TASK INSTRUCTIONS:
When responding, copy every record below exactly as it appears.

[Stored items]
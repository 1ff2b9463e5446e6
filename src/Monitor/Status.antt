-- ===== src/Monitor/Status.antt =====
-- The status of a pod (tools/monitor.py), read off all its conditions and containers.
use sunstorm_xactserver.Base.{
  ◌≡◌, refl, ◌∙◌, String, Bool, true, false, ◌||◌, Option, some, List, [], ◌∷◌, arith, string_eq,
  if◌then◌else◌, Bool-cases, inl, inr,
}
use sunstorm_xactserver.Monitor.{
  Condition, Container, waiting, terminated, other, Pod, is_disruption, is_containers_ready,
  scan_conditions, scan_containers, is_running, compute_status,
}

abbrev pub any {ℓ} : {A : Type ℓ} → (A → Bool) → List A → Bool
any p [] = false
any p (x ∷ xs) = p x || any p xs

-- The reasons of the containers that are not ready and are waiting or terminated, in order.
abbrev pub reasons : List Container → List (Option String)
reasons [] = []
reasons (c ∷ rest) =
    let later = reasons rest in
    if c.ready then later else elim c.state [
      | waiting reason ↦ reason ∷ later
      | terminated reason ↦ reason ∷ later
      | other ↦ later
    ]

abbrev pub first_or {ℓ} : {A : Type ℓ} → A → List A → A
first_or d [] = d
first_or d (x ∷ xs) = x

scan_conditions-disrupted :
    (cs : List Condition) (ready : Bool) → (scan_conditions cs ready).0 ≡ any is_disruption cs
unfolding scan_conditions
scan_conditions-disrupted [] ready = refl
scan_conditions-disrupted (c ∷ rest) ready = elim (Bool-cases (is_disruption c)) [
  | inl e ↦ rw (e, scan_conditions)
  | inr e ↦
      rw (e, scan_conditions)
        (scan_conditions-disrupted rest (if is_containers_ready c then true else ready))
]

or_if : (r p x : Bool) → (if p then true else r) || x ≡ r || (p || x)
or_if true true x = refl
or_if true false x = refl
or_if false true x = refl
or_if false false x = refl

-- Where no condition is a disruption, the loop has seen them all.
scan_conditions-ready :
    (cs : List Condition) (ready : Bool)
    → any is_disruption cs ≡ false
    → (scan_conditions cs ready).1 ≡ ready || any is_containers_ready cs
unfolding scan_conditions
scan_conditions-ready [] true h = refl
scan_conditions-ready [] false h = refl
scan_conditions-ready (c ∷ rest) ready h = elim (Bool-cases (is_disruption c)) [
  | inl e ↦ absurd (ground (arith, e, h))
  | inr e ↦
      rw (e, scan_conditions)
        (scan_conditions-ready rest (if is_containers_ready c then true else ready)
            (ground (arith, e, h))
          ∙ or_if ready (is_containers_ready c) (any is_containers_ready rest))
]

scan_containers-reasons :
    (cs : List Container) → scan_containers cs ≡ first_or (some "Running") (reasons cs)
unfolding scan_containers
scan_containers-reasons [] = refl
scan_containers-reasons (c ∷ rest) = ground (arith, scan_containers-reasons rest)

-- A pod that is not in the phase `Running` has its phase as its status. One that is running has
-- `Terminating` if any condition is a disruption; else `Running` if any condition says that the
-- containers are ready; else the first reason of a container that is not ready and is waiting or
-- terminated; and `Running` without such a container.
pub compute_status_lem :
    (pod : Pod)
    → compute_status pod ≡ (
        if is_running pod.phase
        then if any is_disruption pod.conditions
          then some "Terminating"
          else if any is_containers_ready pod.conditions
          then some "Running"
          else first_or (some "Running") (reasons pod.containers)
        else pod.phase)
unfolding compute_status
compute_status_lem pod = elim (Bool-cases (any is_disruption pod.conditions)) [
  | inl e ↦ rw (scan_conditions-disrupted pod.conditions false, e)
  | inr e ↦ rw (
    scan_conditions-disrupted pod.conditions false,
    e,
    scan_conditions-ready pod.conditions false e,
    scan_containers-reasons pod.containers,
  )
]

ANSWER FOR THIS EXERCISE:
repository 1ff2b9463e5446e6
filename src/Monitor/Status.antt
-- ===== src/Monitor/Status.antt =====
-- The status of a pod (tools/monitor.py), read off all its conditions and containers.
use sunstorm_xactserver.Base.{
  ◌≡◌, refl, ◌∙◌, String, Bool, true, false, ◌||◌, Option, some, List, [], ◌∷◌, arith, string_eq,
  if◌then◌else◌, Bool-cases, inl, inr,
}
use sunstorm_xactserver.Monitor.{
  Condition, Container, waiting, terminated, other, Pod, is_disruption, is_containers_ready,
  scan_conditions, scan_containers, is_running, compute_status,
}

abbrev pub any {ℓ} : {A : Type ℓ} → (A → Bool) → List A → Bool
any p [] = false
any p (x ∷ xs) = p x || any p xs

-- The reasons of the containers that are not ready and are waiting or terminated, in order.
abbrev pub reasons : List Container → List (Option String)
reasons [] = []
reasons (c ∷ rest) =
    let later = reasons rest in
    if c.ready then later else elim c.state [
      | waiting reason ↦ reason ∷ later
      | terminated reason ↦ reason ∷ later
      | other ↦ later
    ]

abbrev pub first_or {ℓ} : {A : Type ℓ} → A → List A → A
first_or d [] = d
first_or d (x ∷ xs) = x

scan_conditions-disrupted :
    (cs : List Condition) (ready : Bool) → (scan_conditions cs ready).0 ≡ any is_disruption cs
unfolding scan_conditions
scan_conditions-disrupted [] ready = refl
scan_conditions-disrupted (c ∷ rest) ready = elim (Bool-cases (is_disruption c)) [
  | inl e ↦ rw (e, scan_conditions)
  | inr e ↦
      rw (e, scan_conditions)
        (scan_conditions-disrupted rest (if is_containers_ready c then true else ready))
]

or_if : (r p x : Bool) → (if p then true else r) || x ≡ r || (p || x)
or_if true true x = refl
or_if true false x = refl
or_if false true x = refl
or_if false false x = refl

-- Where no condition is a disruption, the loop has seen them all.
scan_conditions-ready :
    (cs : List Condition) (ready : Bool)
    → any is_disruption cs ≡ false
    → (scan_conditions cs ready).1 ≡ ready || any is_containers_ready cs
unfolding scan_conditions
scan_conditions-ready [] true h = refl
scan_conditions-ready [] false h = refl
scan_conditions-ready (c ∷ rest) ready h = elim (Bool-cases (is_disruption c)) [
  | inl e ↦ absurd (ground (arith, e, h))
  | inr e ↦
      rw (e, scan_conditions)
        (scan_conditions-ready rest (if is_containers_ready c then true else ready)
            (ground (arith, e, h))
          ∙ or_if ready (is_containers_ready c) (any is_containers_ready rest))
]

scan_containers-reasons :
    (cs : List Container) → scan_containers cs ≡ first_or (some "Running") (reasons cs)
unfolding scan_containers
scan_containers-reasons [] = refl
scan_containers-reasons (c ∷ rest) = ground (arith, scan_containers-reasons rest)

-- A pod that is not in the phase `Running` has its phase as its status. One that is running has
-- `Terminating` if any condition is a disruption; else `Running` if any condition says that the
-- containers are ready; else the first reason of a container that is not ready and is waiting or
-- terminated; and `Running` without such a container.
pub compute_status_lem :
    (pod : Pod)
    → compute_status pod ≡ (
        if is_running pod.phase
        then if any is_disruption pod.conditions
          then some "Terminating"
          else if any is_containers_ready pod.conditions
          then some "Running"
          else first_or (some "Running") (reasons pod.containers)
        else pod.phase)
unfolding compute_status
compute_status_lem pod = elim (Bool-cases (any is_disruption pod.conditions)) [
  | inl e ↦ rw (scan_conditions-disrupted pod.conditions false, e)
  | inr e ↦ rw (
    scan_conditions-disrupted pod.conditions false,
    e,
    scan_conditions-ready pod.conditions false e,
    scan_containers-reasons pod.containers,
  )
]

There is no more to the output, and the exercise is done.